Par une décision d’Assemblée en date du 4 juillet 2003 (n° 211106, Madame Moya-Caville), le Conseil d’État a redéfini ou, si l’on préfère, renversé le champ d’application de l’ancienne théorie du forfait de pension pour les fonctionnaires civils de l’État.

Dans le prolongement de cette décision, l’abandon de la règle du forfait de pension s’imposait logiquement au profit des militaires et leurs éventuels ayants cause (1) pour leur préjudice moral(conjoint et parents, notamment).

Ainsi, aux termes de deux décisions importantes (n° 258208 du 1er juillet 2005, Brugnot, et n° 337851 du 07.10.2013, Hamblin), le Conseil d’État a posé les règles suivantes pour l’indemnisation des préjudices personnels (ou extrapatrimoniaux) subis par les militaires en cas de décès, blessures reçues ou maladies contractées en service.

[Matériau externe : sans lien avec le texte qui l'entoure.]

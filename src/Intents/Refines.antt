-- ===== src/Intents/Refines.antt =====
-- The table of intents implements the abstract lifecycle.
use mathlib.Core.Option
use cora_os.Prelude.{
  ℕ, ◌≡◌, refl, ◌∙◌, inl, inr, none, some, List, [], ◌∷◌, arith, Bool-cases, ==_refl, if◌then◌else◌,
  ◌==◌, ap, Option-cases,
}
use cora_os.Prelude.Table.{find, find-append, find-update}
use cora_os.Intents.{Intent, IntentDb, intent_key, IntentStatus, cancelled}
use cora_os.Intents.Calls.{Call, run_call, run_calls}
use cora_os.Intents.Lifecycle.{
  closed, phase_of, Board, Advance, stays, opens, moves, Advances, here, next,
}
use cora_os.Intents.Effect.{Adds, Alters, run_call_effect}
use cora_os.Intents.Sound.{IsSound, run_call-IsSound, find_fresh}

-- The abstract view of the table: the phase of each intent.
abbrev pub board : IntentDb → Board
board db k = Option.map (λ (i : Intent). phase_of i.status) (find intent_key k db.intents)

module _ {db db' : IntentDb} where
  find_added :
      (a : Adds db db') (j : ℕ)
      → find intent_key j db'.intents ≡ elim (find intent_key j db.intents) [
        | none ↦ if db.fresh == j then some a.row else none
        | some i ↦ some i
      ]
  find_added a j = rw (a.intents) (ground (arith, find-append intent_key j db.intents a.row, a.id))

  opens_added : (a : Adds db db') → IsSound db → Advance (board db) (board db')
  opens_added a s =
      let gone = find_fresh db.fresh db.intents s.below in
      let there : find intent_key db.fresh db'.intents ≡ some a.row =
        ground (arith, find_added a db.fresh, ==_refl db.fresh) in
      opens db.fresh (rw gone refl) (rw there (ap some a.new.undecided_yet)) (λ j ne.
        (let same : find intent_key j db'.intents ≡ find intent_key j db.intents =
            ground (arith, find_added a j, Option-cases (find intent_key j db.intents)) in
          rw same refl))

  moves_altered : (a : Alters db db') → Advance (board db) (board db')
  moves_altered a =
      let found = λ (j : ℕ). find-update intent_key a.k j a.f a.keeps db.intents in
      let there : find intent_key a.k db'.intents ≡ some (a.f a.row) =
        rw (a.intents) (ground (arith, found a.k, a.there, ==_refl a.k)) in
      moves a.k (phase_of a.row.status) (phase_of (a.f a.row).status) (rw (a.there) refl)
        (rw there refl) a.move.lawful
        (λ j ne.
          (let same : find intent_key j db'.intents ≡ find intent_key j db.intents =
              rw (a.intents) (ground (arith, found j)) in
            rw same refl))

run_call_refines :
    (c : Call) (db : IntentDb) → IsSound db → Advance (board db) (board (run_call c db).1)
run_call_refines c db s = elim (run_call_effect c db) [
  | inl same ↦ stays (λ j. rw same refl)
  | inr (inl added) ↦ opens_added added s
  | inr (inr altered) ↦ moves_altered altered
]

pub Advances-trans : {b b' b'' : Board} → Advances b b' → Advances b' b'' → Advances b b''
Advances-trans r here = r
Advances-trans r (next q a) = next (Advances-trans r q) a

-- From a sound table every sequence of calls, whatever their arguments and whether they raise, is a
-- sequence of steps of the abstract lifecycle.
pub run_calls_refines :
    (cs : List Call) (db : IntentDb) → IsSound db → Advances (board db) (board (run_calls cs db))
unfolding run_calls
run_calls_refines [] db s = here
run_calls_refines (c ∷ cs) db s =
    Advances-trans (next here (run_call_refines c db s))
      (run_calls_refines cs (run_call c db).1 (run_call-IsSound c db s))

-- what the abstract lifecycle leaves for good
closed_step : {b b' : Board} (k : ℕ) → Advance b b' → b k ≡ some closed → b' k ≡ some closed
closed_step k (stays same) h = same k ∙ h
closed_step k (opens j gone new others) h = elim (Bool-cases (j == k)) [
  | inl e ↦ absurd (ground arith)
  | inr ne ↦ others k (ground arith) ∙ h
]
closed_step k (moves j p q before after law others) h = elim (Bool-cases (j == k)) [
  | inl e ↦ ground arith
  | inr ne ↦ others k (ground arith) ∙ h
]

closed_stays : {b b' : Board} (k : ℕ) → Advances b b' → b k ≡ some closed → b' k ≡ some closed
closed_stays k here h = h
closed_stays k (next r a) h = closed_step k a (closed_stays k r h)

closed_status : (t : IntentStatus) → phase_of t ≡ closed → t ≡ cancelled
closed_status t h = ground arith

-- From a sound table, a cancelled intent stays cancelled whatever calls follow.
cancelled_is_final :
    (cs : List Call) (db : IntentDb) (k : ℕ) (i : Intent)
    → IsSound db
    → find intent_key k db.intents ≡ some i
    → i.status ≡ cancelled
    → (j : Intent) × (find intent_key k (run_calls cs db).intents ≡ some j) × (j.status ≡ cancelled)
cancelled_is_final cs db k i s there over =
    let before : board db k ≡ some closed = rw there (ap (λ t. some (phase_of t)) over) in
    let after = closed_stays k (run_calls_refines cs db s) before in
    elim (Option-cases (find intent_key k (run_calls cs db).intents)) [
      | inl gone ↦ absurd (ground arith)
      | inr (j, found) ↦ (j, found, closed_status j.status (ground arith))
    ]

  • En premier lieu : aux termes des décisions précitées, ledit Conseil d’État a précisé qu’eu égard à la finalité qui lui est assignée par les dispositions fixées au Code des PMI-VG et aux divers éléments entrant dans la composition et la détermination du montant de la pension d’invalidité, ce que celle-ci a pour objet de réparer :

· les pertes de revenus et l’incidence professionnelle résultant de l’incapacité physique ;

· le déficit fonctionnel entendu comme l’ensemble des préjudices à caractère personnel liés à la perte de qualité de la vie, aux douleurs permanentes et aux troubles ressentis par la victime dans ses conditions d’existence personnelle ;

· lorsque la pension est assortie de la majoration prévue à l’article L 133-1 du Code des PMI-VG (ex article L.18) la prise en charge des frais afférents à l’assistance par une tierce personne.

  • En second lieu : le Conseil d’État a exclu de la réparation forfaitaire, c’est-à-dire de la pension militaire d’invalidité, et décidé de faire prendre par l’État l’indemnisation des préjudices suivants :

· les souffrances éprouvées avant la consolidation ;

· le préjudice esthétique ;

· le préjudice sexuel (dispositif de la décision Hamblin) ;

· le préjudice d’agrément lié à l’impossibilité de continuer à pratiquer une activité sportive ou de loisirs ;

· le préjudice d’établissement lié à l’impossibilité de fonder une famille.

  • Pour l’instant nous en sommes là, mais un nouvel élargissement de ces préjudices personnels n’est peut-être pas à exclure dans l’avenir.

Ces cinq chefs de préjudices sont communément appelés par l’administration des Armées et les militaires eux-mêmes « les Brugnot », bien que cette appellation soit un peu réductrice, notamment depuis l’arrêt Hamblin (précité) qui a élargi d’une manière importante le périmètre des préjudices personnels indemnisables retenus par le Conseil d’État.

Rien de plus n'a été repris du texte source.